Once the arena cleared out, I took the chance to work on the gate. Toofine did his typical skippity-hoppity entrance, but then decided I had two choices; to have his feet glued to the sand or to take off at full speed like a bat outta...anyways, that used up the final straw of my patience and I hopped off of him and reminded him who paid for his board, his feed, his LIFE in the way of fast-paced circles. I mounted back on and he gave me quite honestly one of our best rides in that arena (probably because he was reminded of who his supreme being is)... inkunicorn: 

After we got home, he got a well-deserved bath and his dinner, and I took the time to contemplate the day. I took the time to remember why I love this horse so dang much. Toofine has always kept me safe, no matter the "_maneuvers_" he decided to toss in on the given day. He never gives me, or anyone, more than we can handle. He always keeps me on my toes, and never acts his age (20!). And no matter when I decide to have an emotional moment, I always end up feeling his muzzle resting on my shoulder or his lip nuzzling my cheek. Toofine is my absolute best friend, my soulmate, my heart horse - and sometimes the temporary frustrations of the ride blur that - but at the end of the day, he is still my Toofine.

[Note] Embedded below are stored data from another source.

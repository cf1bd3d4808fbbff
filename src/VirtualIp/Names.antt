-- ===== src/VirtualIp/Names.antt =====
-- cpg_virtual_ip.c: the names of events and states. `strcasecmp` of libc is a parameter.
use freeswitch_mod_cpg.Base.{
  ℕ, ◌+◌, leb, ◌&&◌, map, ℤ, is_zero, ◌≡◌, ◌≢◌, refl, Bool, true, false, [], Bytes, codes, bytes_eq,
  if◌then◌else◌,
}
use freeswitch_mod_cpg.Types.{
  Event, startup, duplicate, master_down, master_up, backup_down, backup_up, rback_req, stop,
  max_events, State, idle, start, backup, master, rback, max_states, VirtualIp,
}

unfoldable pub event_to_string : Event → Bytes
event_to_string startup = codes "STARTUP"
event_to_string duplicate = codes "DUPLICATE"
event_to_string master_down = codes "MASTER_DOWN"
event_to_string master_up = codes "MASTER_UP"
event_to_string backup_down = codes "BACKUP_DOWN"
event_to_string backup_up = codes "BACKUP_UP"
event_to_string rback_req = codes "RBACK_REQ"
event_to_string stop = codes "STOP"
event_to_string max_events = []

unfoldable pub state_to_string : State → Bytes
state_to_string idle = codes "IDLE"
state_to_string start = codes "START"
state_to_string backup = codes "BACKUP"
state_to_string master = codes "MASTER"
state_to_string rback = codes "ROLLBACK"
state_to_string max_states = []

unfoldable pub virtual_ip_get_state : VirtualIp → Bytes
unfolding state_to_string
virtual_ip_get_state vip = state_to_string vip.state

-- `vip->state != ST_IDLE`.
unfoldable pub vip_is_running : VirtualIp → Bool
vip_is_running vip = not_idle vip.state
  where
    not_idle : State → Bool
    not_idle idle = false
    not_idle _ = true

-- An ASCII letter in lower case.
abbrev pub to_lower : ℕ → ℕ
to_lower c = if leb 65 c && leb c 90 then c + 32 else c

-- Equality but for the case of letters.
abbrev pub same_word : Bytes → Bytes → Bool
same_word a b = bytes_eq (map to_lower a) (map to_lower b)

module _ (strcasecmp : Bytes → Bytes → ℤ) where
  unfoldable pub string_to_state : Bytes → State
  string_to_state state =
      if is_zero (strcasecmp state (codes "MASTER"))
      then master
      else if is_zero (strcasecmp state (codes "BACKUP"))
      then backup
      else if is_zero (strcasecmp state (codes "IDLE"))
      then idle
      else if is_zero (strcasecmp state (codes "RBACK"))
      then rback
      else if is_zero (strcasecmp state (codes "START"))
      then start
      else idle

  -- libc's `strcasecmp` gives 0 for strings that are equal but for the case of letters, and for no
  -- others.
  pub record IgnoresCase : Type 0 where
    pub decides : (a b : Bytes) → is_zero (strcasecmp a b) ≡ same_word a b

  reads_back :
      IgnoresCase
      → (s : State) → s ≢ rback
      → s ≢ max_states
      → string_to_state (state_to_string s) ≡ s
  unfolding string_to_state state_to_string bytes_eq
  reads_back h idle a b = rw (h.decides, h.decides, h.decides) refl
  reads_back h start a b = rw (h.decides, h.decides, h.decides, h.decides, h.decides) refl
  reads_back h backup a b = rw (h.decides, h.decides) refl
  reads_back h master a b = rw h.decides refl
  reads_back h rback a b = absurd (a refl)
  reads_back h max_states a b = absurd (b refl)

  reads_rback : IgnoresCase → string_to_state (state_to_string rback) ≡ idle
  unfolding string_to_state state_to_string bytes_eq
  reads_rback h = rw (h.decides, h.decides, h.decides, h.decides, h.decides) refl

  -- Every name that `state_to_string` gives to a state other than ROLLBACK is read back as that
  -- state, where `strcasecmp` compares as libc's does; that of ROLLBACK is read as IDLE.
  pub string_to_state-state_to_string :
      IgnoresCase
      → ((s : State) → s ≢ rback → s ≢ max_states → string_to_state (state_to_string s) ≡ s)
        × (string_to_state (state_to_string rback) ≡ idle)
  string_to_state-state_to_string h = (reads_back h, reads_rback h)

And now that I am home for the night, I will crack myself a cold one (a gifted six-pack for my 21st birthday!) and continue being emotional over 11 years of pictures and videos that I have with my boy, Toofine. 
:cheers:
​


----------



## ClearDonkey (Nov 27, 2016)

Over the years, I've had many trainers from many different disciplines tell me that if I were to train with them, I should only be riding my horse in that discipline and that's it. Many people that I showed with couldn't believe that I would do both speed and pleasure classes in the same weekend! I've had strangers come up to me after my first barrel run of the day, and make remarks on how they thought I was running my horse just for fun as he was a "slow-poke" in the warm-up. This past weekend, Toofine and I showed over four days in four different disciplines; speed, jumping, pleasure, and a cowboy challenge, finally earning us our first ever high-point belt buckle. 

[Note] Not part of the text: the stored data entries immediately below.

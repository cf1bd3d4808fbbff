-- ===== src/Module/Report.antt =====
-- mod_cpg.c and cpg_utils.c: the report of `cpg status`, and the addresses that the console offers
-- to complete. A line of the report is the data that it is printed from; `inet_ntoa` of libc is a
-- parameter, on the four bytes of the address in memory.
pub mod Readback
use freeswitch_mod_cpg.Base.{
  ℕ, zero, suc, ◌*◌, ◌/◌, ◌%◌, ℤ, Bool, true, false, List, [], ◌∷◌, ◌++◌, Bytes, zstr, snprintf,
  codes, ◌==◌, if◌then◌else◌, Option, none, some, map,
}
use freeswitch_mod_cpg.Types.{is_rback, SofiaProfile, Node, VirtualIp}
use freeswitch_mod_cpg.VirtualIp.Names.{virtual_ip_get_state}
use freeswitch_mod_cpg.Module.{Hash}

pub data Line : Type 0 where
  double_rule single_rule : Line
  columns : Bytes → Bytes → Bytes → Line
  node_line : ℤ → Bool → Bytes → Line
  profile_line : Bytes → Line
  rollback_line : Bytes → Line

-- The bytes of an unsigned of four bytes, the lowest first.
abbrev pub memory_of : ℕ → List ℕ
memory_of n = n % 256 ∷ n / 256 % 256 ∷ n / 65536 % 256 ∷ n / 16777216 % 256 ∷ []

unfoldable pub list_vips : Hash → Option (List Bytes)
list_vips [] = none
list_vips (e ∷ hash) = some (map (λ e. e.0) (e ∷ hash))

module _ (inet_ntoa : List ℕ → Bytes) where
  -- On a little endian machine.
  unfoldable pub utils_node_pid_format : ℕ → Bytes
  utils_node_pid_format nodeid = inet_ntoa (memory_of nodeid)

  -- The loop over the nodes.
  unfoldable pub node_lines : ℕ → List Node → List Line
  unfolding utils_node_pid_format
  node_lines own [] = []
  node_lines own (n ∷ list) =
      node_line n.priority (n.nodeid == own) (utils_node_pid_format n.nodeid) ∷ node_lines own list

  -- The loop over the profiles, which an entry without a name ends.
  unfoldable pub profile_lines : List SofiaProfile → List Line
  profile_lines [] = []
  profile_lines (p ∷ profiles) =
      if zstr p.name then [] else profile_line p.name ∷ profile_lines profiles

  -- What follows the head of a virtual ip.
  abbrev pub vip_body : VirtualIp → List Node → List Line
  vip_body vip [] = double_rule ∷ []
  vip_body vip (n ∷ list) =
      node_lines vip.node_id (n ∷ list)
      ++ (single_rule
          ∷ (profile_lines vip.config.profiles
              ++ (single_rule
                  ∷ (if is_rback vip.state
                      then rollback_line (utils_node_pid_format vip.rollback_node_id)
                        ∷ double_rule
                        ∷ []
                      else double_rule ∷ []))))

  unfoldable pub vip_lines : Hash → List Line
  unfolding node_lines profile_lines virtual_ip_get_state
  vip_lines [] = double_rule ∷ []
  vip_lines ((key, vip) ∷ hash) =
      columns vip.config.address (utils_node_pid_format vip.master_id) (virtual_ip_get_state vip)
      ∷ single_rule
      ∷ (vip_body vip vip.node_list ++ vip_lines hash)

  unfoldable pub cmd_status : Hash → List Line
  unfolding vip_lines
  cmd_status hash =
      columns (codes "Virtual Ip") (codes "Master Ip") (codes "State")
      ∷ double_rule
      ∷ vip_lines hash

I'm a huge believer that if you are going to spend the money to own a horse, then that horse should be versatile enough to be somewhat successful in whichever discipline you want. Over the eleven years that I've owned and shown Toofine, we have competed in nearly everything offered to us. This hasn't always been a walk in the park, and this past weekend I was reminded that a horse is never completely "finished". Upon arrival to the fairgrounds, I realized just how close the carnival rides were to the riding arena (100 yards, at most!). Luckily we arrived before the fair officially started, so Toofine was able to go up and sniff the mystery machinery to his heart's content, and have an amazing ride in the arena to start out the weekend. The following day was the speed show (Thursday), and I realized just how much of a fiery dragon that Toofine could still turn into at 20 years old, with the help of those carnival rides of course...ya know how all of those racehorses look being led the morning of the Kentucky Derby? That was him. He was prancing, hopping, pulling, and even doing those LOUD snorts. I knew I was going to be in trouble. 
:runpony:

Just to hopefully put the entire weekend into perspective, here is a comparison of two flag race runs that I have done with Toofine. The first? We won a high-school championship state title. The second? We dropped the flag far away from the bucket AND jumped over the timer. The video doesn't show it well but the carnival is on the far end of the arena and anytime we turned away from it, we were on the homestretch about to win the Triple Crown. Yee-haw.











Luckily, we still ended up coming home with a decent check, even though we had our first DQ in a long time. The next day (Friday), we had our jumping show, which Toofine gets notoriously over-excited and hot for. He has always loved jumping, and that day was no different from any other. Even luckier for us, this jumping show was based off of only time and penalties, so even though he was a speedy demon, we had no problem doing well. I normally jump him in his usual latex-wrapped Myler, but I decided to step up to a pelham for the day just to account for the tomfoolery that I knew he was going to throw my way.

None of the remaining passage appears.